I don't see how they get around "procuring them" from 3rd party dubious sources, but oh well. The only certain thing is that our current laws didn't cover this, and probably now it's too late.
Scanning books is literally reproducing them. Copying books from Anna's Archive is also literally reproducing them. The idea that it is only copyright infringement if you engage in further reproduction is just wrong.

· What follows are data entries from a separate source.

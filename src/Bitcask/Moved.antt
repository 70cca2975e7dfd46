-- ===== src/Bitcask/Moved.antt =====
-- bitcask/main.go: what Merge knows while it goes over the entries of a file.
use design_pocs.Common.{
  ℕ, ◌+◌, ◌<◌, ◌^◌, ◌≡◌, sym, ap, ◌∙◌, true, false, some, arith, Bytes, length, take, drop,
  bytes_key, read_at, read_at-take, u32,
}
use design_pocs.Bitcask.Record.{
  header_size, slice, encode_entry, length-encode_entry, stored_key_size, stored_value_size,
  stored_flag, stored_key_size-encode_entry, stored_value_size-encode_entry,
  stored_flag-encode_entry, key-encode_entry, stored_checksum, stored_checksum-encode_entry,
}
use design_pocs.Bitcask.Checksum.{checksum}
use design_pocs.Bitcask.Store.{FilePath, path_eq_iff, path_key, KeyDirEntry, BitCask, file_of}
use design_pocs.Bitcask.Kept.{SettledAt}
use design_pocs.Bitcask.Invariant.{Stored}
use design_pocs.Bitcask.Segment.{MergeSegment}
use design_pocs.Bitcask.Merge.{entry_eq, block_size, key_end}
use design_pocs.Bitcask.Grown.{is_hint, Grown, SettledIn}

-- The bytes of an entry with this key and value.
abbrev pub size_of : Bytes → Bytes → ℕ
size_of key v = header_size + length key + length v

-- The entry of a key is a record of its value, in a data file, below the offset of the segment.
pub record Sound (V : Bytes → Bytes) (s : BitCask) (m : MergeSegment) (key : Bytes)
    (e : KeyDirEntry) : Type 0 where
  pub held : Stored s key e (V key)
  pub fits : size_of key (V key) < 2 ^ 32
  pub in_data : is_hint e.file_path ≡ false
  pub inside : SettledIn e.file_path (e.file_entry_offset + size_of key (V key)) m

pub content-Sound :
    (V : Bytes → Bytes) (s : BitCask) (m : MergeSegment) (key : Bytes) (e : KeyDirEntry)
    (h : Sound V s m key e)
    → read_at (file_of e.file_path s.disk) e.file_entry_offset (size_of key (V key))
      ≡ some (encode_entry h.held.timestamp key (V key) 0)
content-Sound V s m key e h =
    rw (length-encode_entry h.held.timestamp key (V key) 0) at h.held.written.content

pub settled-Sound :
    (V : Bytes → Bytes) (s : BitCask) (m : MergeSegment) (key : Bytes) (e : KeyDirEntry)
    (h : Sound V s m key e)
    → SettledAt e.file_path (e.file_entry_offset + size_of key (V key)) s.file_cnt s.curr_offset
settled-Sound V s m key e h =
    rw (length-encode_entry h.held.timestamp key (V key) 0) at h.held.written.settled

pub Sound-Grown :
    (V : Bytes → Bytes) (s t : BitCask) (m k : MergeSegment) (key : Bytes) (e : KeyDirEntry)
    → Grown s m t k
    → Sound V s m key e
    → Sound V t k key e
Sound-Grown V s t m k key e g h =
    let st = h.held in
    let len = length-encode_entry st.timestamp key (V key) 0 in
    let content = content-Sound V s m key e h in
    let n = size_of key (V key) in
    record {
      held = record {
        timestamp = st.timestamp;
        key_fits = st.key_fits;
        value_fits = st.value_fits;
        sized = st.sized;
        written = record {
          opened = g.opened e.file_path st.written.opened;
          content = rw len (
              g.content e.file_path e.file_entry_offset n _ (omega arith) h.in_data h.inside
                content);
          settled = rw (len, g.count, g.offset) (settled-Sound V s m key e h);
        };
      };
      fits = h.fits;
      in_data = h.in_data;
      inside =
          g.settled e.file_path e.file_entry_offset n _ (omega arith) h.in_data h.inside content;
    }

-- What the header at an offset says, when the index has an entry there.
pub record IsAt (V : Bytes → Bytes) (s : BitCask) (p : FilePath) (offset : ℕ) (header key : Bytes)
    : Type 0 where
  pub stamp : ℕ
  pub whole :
      read_at (file_of p s.disk) offset (size_of key (V key))
      ≡ some (encode_entry stamp key (V key) 0)
  pub key_size : stored_key_size header ≡ length key
  pub value_size : stored_value_size header ≡ length (V key)
  pub flag : stored_flag header ≡ 0
  pub block : block_size header ≡ size_of key (V key)
  pub end_of_key : key_end header ≡ header_size + length key

pub some-inj {ℓ} : {A : Type ℓ} (a b : A) → some a ≡ some b → a ≡ b
some-inj a b e = ground arith

u32_id : (n : ℕ) → n < 2 ^ 32 → u32 n ≡ n
u32_id n h = omega arith

pub Sound-IsAt :
    (V : Bytes → Bytes) (s : BitCask) (m : MergeSegment) (p : FilePath) (offset : ℕ)
    (header key : Bytes) (e : KeyDirEntry)
    → read_at (file_of p s.disk) offset header_size ≡ some header
    → e.file_path ≡ p
    → e.file_entry_offset ≡ offset
    → Sound V s m key e
    → IsAt V s p offset header key
Sound-IsAt V s m p offset header key e read here there h =
    let st = h.held in
    let v = V key in
    let b = encode_entry st.timestamp key v 0 in
    let whole : read_at (file_of p s.disk) offset (size_of key v) ≡ some b =
      rw (here, there) at (content-Sound V s m key e h) in
    let front =
      read_at-take (file_of p s.disk) offset header_size (size_of key v) b (omega arith) whole in
    let same : header ≡ take header_size b =
      some-inj header (take header_size b) (sym read ∙ front) in
    let ks : stored_key_size header ≡ length key =
      ap stored_key_size same ∙ stored_key_size-encode_entry st.timestamp key v 0 st.key_fits in
    let vs : stored_value_size header ≡ length v =
      ap stored_value_size same
      ∙ stored_value_size-encode_entry st.timestamp key v 0 st.value_fits in
    record {
      stamp = st.timestamp;
      whole = whole;
      key_size = ks;
      value_size = vs;
      flag = ap stored_flag same ∙ stored_flag-encode_entry st.timestamp key v 0;
      block = rw (ks, vs) (u32_id (size_of key v) h.fits);
      end_of_key = rw ks (u32_id (header_size + length key) (omega (arith, h.fits)));
    }

pub entry_eq-eq : (a b : KeyDirEntry) → entry_eq a b ≡ true → a ≡ b
unfolding entry_eq
entry_eq-eq a b h =
    let x : a.file_path ≡ b.file_path = (path_eq_iff a.file_path b.file_path).0 (ground arith) in
    let y : a.file_entry_offset ≡ b.file_entry_offset = ground arith in
    let z : a.value_size ≡ b.value_size = ground arith in cc

pub entry_eq_refl :
    (a b : KeyDirEntry)
    → a.file_path ≡ b.file_path
    → a.file_entry_offset ≡ b.file_entry_offset
    → a.value_size ≡ b.value_size
    → entry_eq a b ≡ true
unfolding entry_eq
entry_eq_refl a b x y z = ground (arith, path_eq_iff a.file_path b.file_path)

pub buf-IsAt :
    (V : Bytes → Bytes) (s : BitCask) (p : FilePath) (offset : ℕ) (header key buf : Bytes)
    (at : IsAt V s p offset header key)
    → read_at (file_of p s.disk) offset (block_size header) ≡ some buf
    → buf ≡ encode_entry at.stamp key (V key) 0
buf-IsAt V s p offset header key buf at read =
    some-inj buf (encode_entry at.stamp key (V key) 0) (sym (rw at.block at read) ∙ at.whole)

pub key-IsAt :
    (V : Bytes → Bytes) (s : BitCask) (p : FilePath) (offset : ℕ) (header key buf : Bytes)
    → IsAt V s p offset header key
    → read_at (file_of p s.disk) offset (block_size header) ≡ some buf
    → slice header_size (key_end header) buf ≡ key
key-IsAt V s p offset header key buf at read =
    rw (at.end_of_key, buf-IsAt V s p offset header key buf at read)
      (key-encode_entry at.stamp key (V key) 0)

pub checksum-IsAt :
    (V : Bytes → Bytes) (s : BitCask) (p : FilePath) (offset : ℕ) (header key buf : Bytes)
    → IsAt V s p offset header key
    → read_at (file_of p s.disk) offset (block_size header) ≡ some buf
    → stored_checksum buf ≡ checksum (drop 4 buf)
checksum-IsAt V s p offset header key buf at read =
    rw (buf-IsAt V s p offset header key buf at read)
      (stored_checksum-encode_entry at.stamp key (V key) 0)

As a consumer you are unlikely to be targeted for such "end-user" infringement, but that doesn't mean it's not infringement.
It does make sense. It’s controversial. Your memory memorizes things in the same way. So what nvidia does here is no different, the AI doesn’t actually copy any of the books. To call training illegal is similar to calling reading a book and remembering it illegal.
Our copyright laws are nowhere near detailed enough to specify anything in detail here so there is indeed a logical and technical inconsistency here.
I can definitely see these laws evolving into things that are human centric. It’s permissible for a human to do something but not for an AI.
What is consistent is that obtaining the books was probably illegal, but say if nvidia bought one kindle copy of each book from Amazon and scraped everything for training then that falls into the grey zone.
To be fair, that seems to be where some of the IA lawsuits are going. The argument goes that the models themselves aren't derivative works, but the output they produce can absolutely be - in much the same way that reproducing a book from memory could be copyright violation, trademark infringement, or generally go afoul of the various IP laws.
If there is one exact sentence taken out of the book and not referenced in quotes and exact source, that triggers copyright laws. So model doesnt have to reproduce the entire book, it only required to reproduce one specific sentence (which may be a characteristic sentence to that author or to that book).
They do memorize some books. You can test this trivially by asking ChatGPT to produce the first chapter of something in the public domain -- for example a Tale of Two Cities. It may not be word for word exact, but it'll be very close.
These academics were able to get multiple LLMs to produce large amounts of text from Harry Potter:
It is not the scale that matters here, in your example, but intent. With 1 joint, you want to smoke yourself. With 400, you very possibly want to sell it to others. Scale in itself doesnt matter, scale matters only as to the extent it changes what your intention may be.
It’s clear nvidia and every single one of these big AI corps do not want their AIs to violate the law. The intent is clear as day here.
Scale is only used for emergence, openAI found that training transformers on the entire internet would make is more then just a next token predictor and that is the intent everyone is going for when building these things.
Er no. I’ve read and remember hundreds of books in my life time. It’s not any more illegal based off scale. The law doesn’t differentiate whether I remember one book or a hundred then there’s no difference for thousands or millions.
But it’s not just about recall and reproduction. If they used Anna’s Archive the books were obtained and copied without a license, before they were fed in as training data.
You can only read the book, if you purchased it. Even if you dont have the intent to reproduce it, you must purchase it. So, I guess NVDA should just purchase all those books, no?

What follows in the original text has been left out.